Problem to work on: Every line below that includes the word "IsInvalidated" needs to be copied.
(Data extract)
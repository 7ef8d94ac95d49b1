-- ===== src/TbStore/Invalidate.antt =====
-- exec/src/tb_store.rs: a block invalidated. No lookup finds it, and no edge
-- is recorded that leads to it.
use tcg_rs.Base.{
  List, ℕ, ◌<◌, ◌≡◌, ◌≢◌, refl, sym, ap, ◌∙◌, Bool, true, false, not, ◌&&◌, some, length, modify,
  get_elem?, get_elem?-of_lt, length-modify, All, ◌==◌, arith,
}
use tcg_rs.Tb.{TranslationBlock, hash_bucket}
use tcg_rs.TbStore.{TbStore, Host, invalidate, lookup}
use tcg_rs.TbStore.Chain.{Chain-frame, down_from, All-down_from, newest, newest_congr}
use tcg_rs.TbStore.View.{Entry, entry, view, next_of, hits, in_bucket}
use tcg_rs.TbStore.Facts.{
  write-some, in_bucket_some, next_of_congr, in_bucket_congr, hits_congr, view-some,
}
use tcg_rs.TbStore.Patches.{HasSameResets-modify, restored, restored_congr}
use tcg_rs.TbStore.Links.{dest, incoming, has, dest-write_keep, incoming-write_keep}
use tcg_rs.TbStore.Cut.{IsWired, unlink_edges-some}
use tcg_rs.TbStore.Mark.{mark, marked, next-mark, in_bucket-mark, hits-mark, now, was}
use tcg_rs.TbStore.Remove.{IsMarked, remove_marked}
use tcg_rs.TbStore.Lookup.{IsStore, lookup-newest}

-- The store after the mark and the cuts still has the chains that it had.
still_chained :
    (s s2 : TbStore) (idx : ℕ) (t t2 : TranslationBlock)
    → IsStore s
    → get_elem? s.tbs idx ≡ some t
    → get_elem? s2.tbs idx ≡ some t2
    → length s2.tbs ≡ length s.tbs
    → s2.hash ≡ s.hash
    → ((j : ℕ) → view s2.tbs j ≡ view (modify s.tbs idx mark) j)
    → IsMarked (view s.tbs) s2 idx t2
still_chained s s2 idx t t2 h found found2 size hash views = record {
  found = found2;
  chained = λ b.
      let p = in_bucket (view s.tbs) b in
      let n = length s.tbs in
      rw (size, hash)
        (Chain-frame (next_of (view s.tbs)) (next_of (view s2.tbs)) (down_from p n) (s.hash b)
          (All-down_from p n (λ j k e.
            next_of_congr (view (marked s idx t found)) (view s2.tbs) j (views j)
            ∙ next-mark s idx t found j))
          (h b));
  buckets = λ b j.
      in_bucket_congr (view (marked s idx t found)) (view s2.tbs) j (views j) b
      ∙ in_bucket-mark s idx t found b j;
  home = λ b e.
      let shown : some (entry t2) ≡ some (entry (mark t)) =
        sym (view-some s2.tbs idx t2 found2) ∙ views idx ∙ now s idx t found in
      let same : entry t2 ≡ entry (mark t) = cc in
      let here : hash_bucket t2.pc t2.flags ≡ hash_bucket t.pc t.flags =
        ap (λ (r : Entry). hash_bucket r.pc r.flags) same in
      let there = sym (in_bucket_some (view s.tbs) idx (entry t) (was s idx t found) b) ∙ e in
      here ∙ ground arith;
}

module _ (host : Host) where
  open host use {Code}

  pub record IsInvalidated (idx : ℕ) (s : TbStore) (code : Code) (s' : TbStore) (code' : Code)
      : Type 0 where
    pub done : invalidate host idx (s, code) ≡ some (s', code')
    pub store : IsStore s'
    pub size : length s'.tbs ≡ length s.tbs
    pub same_hits :
        (q f j : ℕ) → hits (view s'.tbs) q f j ≡ (hits (view s.tbs) q f j && not (j == idx))
    pub dests :
        (j k d : ℕ)
        → dest s'.tbs j k ≡ some d
        → (dest s.tbs j k ≡ some d) × (has j k (incoming s.tbs idx) ≡ false) × (j ≢ idx)
    pub spared :
        (j k : ℕ)
        → j ≢ idx
        → has j k (incoming s.tbs idx) ≡ false
        → dest s'.tbs j k ≡ dest s.tbs j k
    pub others :
        (j k d : ℕ) → j ≢ idx → d ≢ idx → has j k (incoming s'.tbs d) ≡ has j k (incoming s.tbs d)
    pub sources :
        (d : ℕ)
        → All (λ e. e.0 < length s.tbs) (incoming s.tbs d)
        → All (λ e. e.0 < length s.tbs) (incoming s'.tbs d)
    pub patched : code' ≡ restored host s.tbs (incoming s.tbs idx) code

  pub invalidate_some :
      (s : TbStore) (idx : ℕ) (code : Code)
      → IsStore s
      → IsWired s.tbs
      → idx < length s.tbs
      → (s' : TbStore) × (code' : Code) × IsInvalidated idx s code s' code'
  unfolding invalidate
  invalidate_some s idx code h wired lt =
      let (t, found) = get_elem?-of_lt s.tbs idx lt in
      let s1 : TbStore = record s { tbs = marked s idx t found } in
      let len1 : length s1.tbs ≡ length s.tbs = length-modify s.tbs idx mark in
      let dest1 = dest-write_keep s idx mark lt (λ u. refl) in
      let list1 = incoming-write_keep s idx mark lt (λ u. refl) in
      let wired1 : IsWired s1.tbs = record {
        back = λ i k d e.
            let (low, inside, member) = wired.back i k d (sym (dest1 i k) ∙ e) in
            (low, rw len1 inside, rw (list1 d) member);
        sources = λ d. rw (len1, list1 d) (wired.sources d);
      } in
      let (s2, code', e2, cut, back) = unlink_edges-some host s1 idx code wired1 (rw len1 lt) in
      let (t2, found2) = get_elem?-of_lt s2.tbs idx (rw (cut.kept.size, len1) lt) in
      let size2 : length s2.tbs ≡ length s.tbs = cut.kept.size ∙ len1 in
      let ready = still_chained s s2 idx t t2 h found found2 size2 cut.kept.hash cut.kept.views in
      let (s3, gone) = remove_marked (view s.tbs) s2 idx t2 ready in
      (
        s3,
        code',
        record {
          done = rw (write-some s idx mark lt, e2, gone.done) refl;
          store = gone.store;
          size = gone.size ∙ size2;
          same_hits = λ q f j.
              gone.same_hits q f j
              ∙ hits_congr (view s1.tbs) (view s2.tbs) j (cut.kept.views j) q f
              ∙ hits-mark s idx t found q f j;
          dests = λ j k d e.
              let (known, out, ne) = cut.dests j k d (sym (gone.same_dest j k) ∙ e) in
              (sym (dest1 j k) ∙ known, ap (has j k) (sym (list1 idx)) ∙ out, ne);
          spared = λ j k ne h.
              gone.same_dest j k ∙ cut.spared j k ne (ap (has j k) (list1 idx) ∙ h) ∙ dest1 j k;
          others = λ j k d ne off.
              ap (has j k) (gone.same_incoming d)
              ∙ cut.others j k d ne off
              ∙ ap (has j k) (list1 d);
          sources =
              λ d a. rw (gone.same_incoming d) (cut.sources (length s.tbs) d (rw (list1 d) a));
          patched =
              back
              ∙ restored_congr host s.tbs s1.tbs
                  (HasSameResets-modify s.tbs idx mark (λ u. refl) (λ u. refl))
                  (incoming s1.tbs idx) code
              ∙ ap (λ (es : List (ℕ × ℕ)). restored host s.tbs es code) (list1 idx);
        },
      )

  -- Invalidating a block of the store ends, without a panic, and keeps the table's invariant. Every
  -- lookup then finds what it would have found without that block: the latest valid block with the
  -- guest address and the flags that is another one.
  pub lookup-invalidate :
      (s : TbStore) (idx : ℕ) (code : Code)
      → IsStore s
      → IsWired s.tbs
      → idx < length s.tbs
      → (s' : TbStore) × (code' : Code) × (invalidate host idx (s, code) ≡ some (s', code'))
        × IsStore s'
        × ((q f : ℕ)
            → lookup s' q f
              ≡ some (newest (λ j. hits (view s.tbs) q f j && not (j == idx)) (length s.tbs)))
  lookup-invalidate s idx code h wired lt =
      let (s', code', r) = invalidate_some s idx code h wired lt in
      let spared : ℕ → ℕ → ℕ → Bool = λ q f j. hits (view s.tbs) q f j && not (j == idx) in
      (
        s',
        code',
        r.done,
        r.store,
        λ q f.
            lookup-newest s' q f r.store
            ∙ ap (λ (n : ℕ). some (newest (hits (view s'.tbs) q f) n)) r.size
            ∙ ap some (
                newest_congr (hits (view s'.tbs) q f) (spared q f) (length s.tbs)
                  (λ i k. r.same_hits q f i)),
      )

  -- Invalidating a block of the store ends, without a panic. In the host code it patches each jump
  -- of the block's list of incoming edges back to its reset offset, in the order of the list, where the
  -- block that the edge starts at has both offsets, and changes nothing else of it. In the records, no
  -- `jmp_dest` names the block and its own two are empty; every other `jmp_dest` that is not of an edge
  -- in that list is as it was, each that still names a block named it before, and the lists of edges
  -- still have them all.
  pub dest-invalidate :
      (s : TbStore) (idx : ℕ) (code : Code)
      → IsStore s
      → IsWired s.tbs
      → idx < length s.tbs
      → (s' : TbStore) × (code' : Code) × (invalidate host idx (s, code) ≡ some (s', code'))
        × IsWired s'.tbs
        × (code' ≡ restored host s.tbs (incoming s.tbs idx) code)
        × ((j k d : ℕ)
            → dest s'.tbs j k ≡ some d
            → (d ≢ idx) × (j ≢ idx) × (dest s.tbs j k ≡ some d))
        × ((j k : ℕ)
            → j ≢ idx
            → has j k (incoming s.tbs idx) ≡ false
            → dest s'.tbs j k ≡ dest s.tbs j k)
  dest-invalidate s idx code h wired lt =
      let (s', code', r) = invalidate_some s idx code h wired lt in
      let elsewhere : (j k d : ℕ) → dest s'.tbs j k ≡ some d → d ≢ idx = λ j k d e q.
        let (known, out, ne) = r.dests j k d e in
        let member = (wired.back j k d known).2 in
        let there : has j k (incoming s.tbs idx) ≡ true =
          ap (λ (z : ℕ). has j k (incoming s.tbs z)) (sym q) ∙ member in
        absurd (cc) in
      (
        s',
        code',
        r.done,
        record {
          back = λ j k d e.
              let (known, out, ne) = r.dests j k d e in
              let (low, inside, member) = wired.back j k d known in
              (low, rw r.size inside, r.others j k d ne (elsewhere j k d e) ∙ member);
          sources = λ d. rw r.size (r.sources d (wired.sources d));
        },
        r.patched,
        λ j k d e. let (known, out, ne) = r.dests j k d e in (elsewhere j k d e, ne, known),
        r.spared,
      )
(End Data extract)
Response to this task:
  pub record IsInvalidated (idx : ℕ) (s : TbStore) (code : Code) (s' : TbStore) (code' : Code)
      → (s' : TbStore) × (code' : Code) × IsInvalidated idx s code s' code'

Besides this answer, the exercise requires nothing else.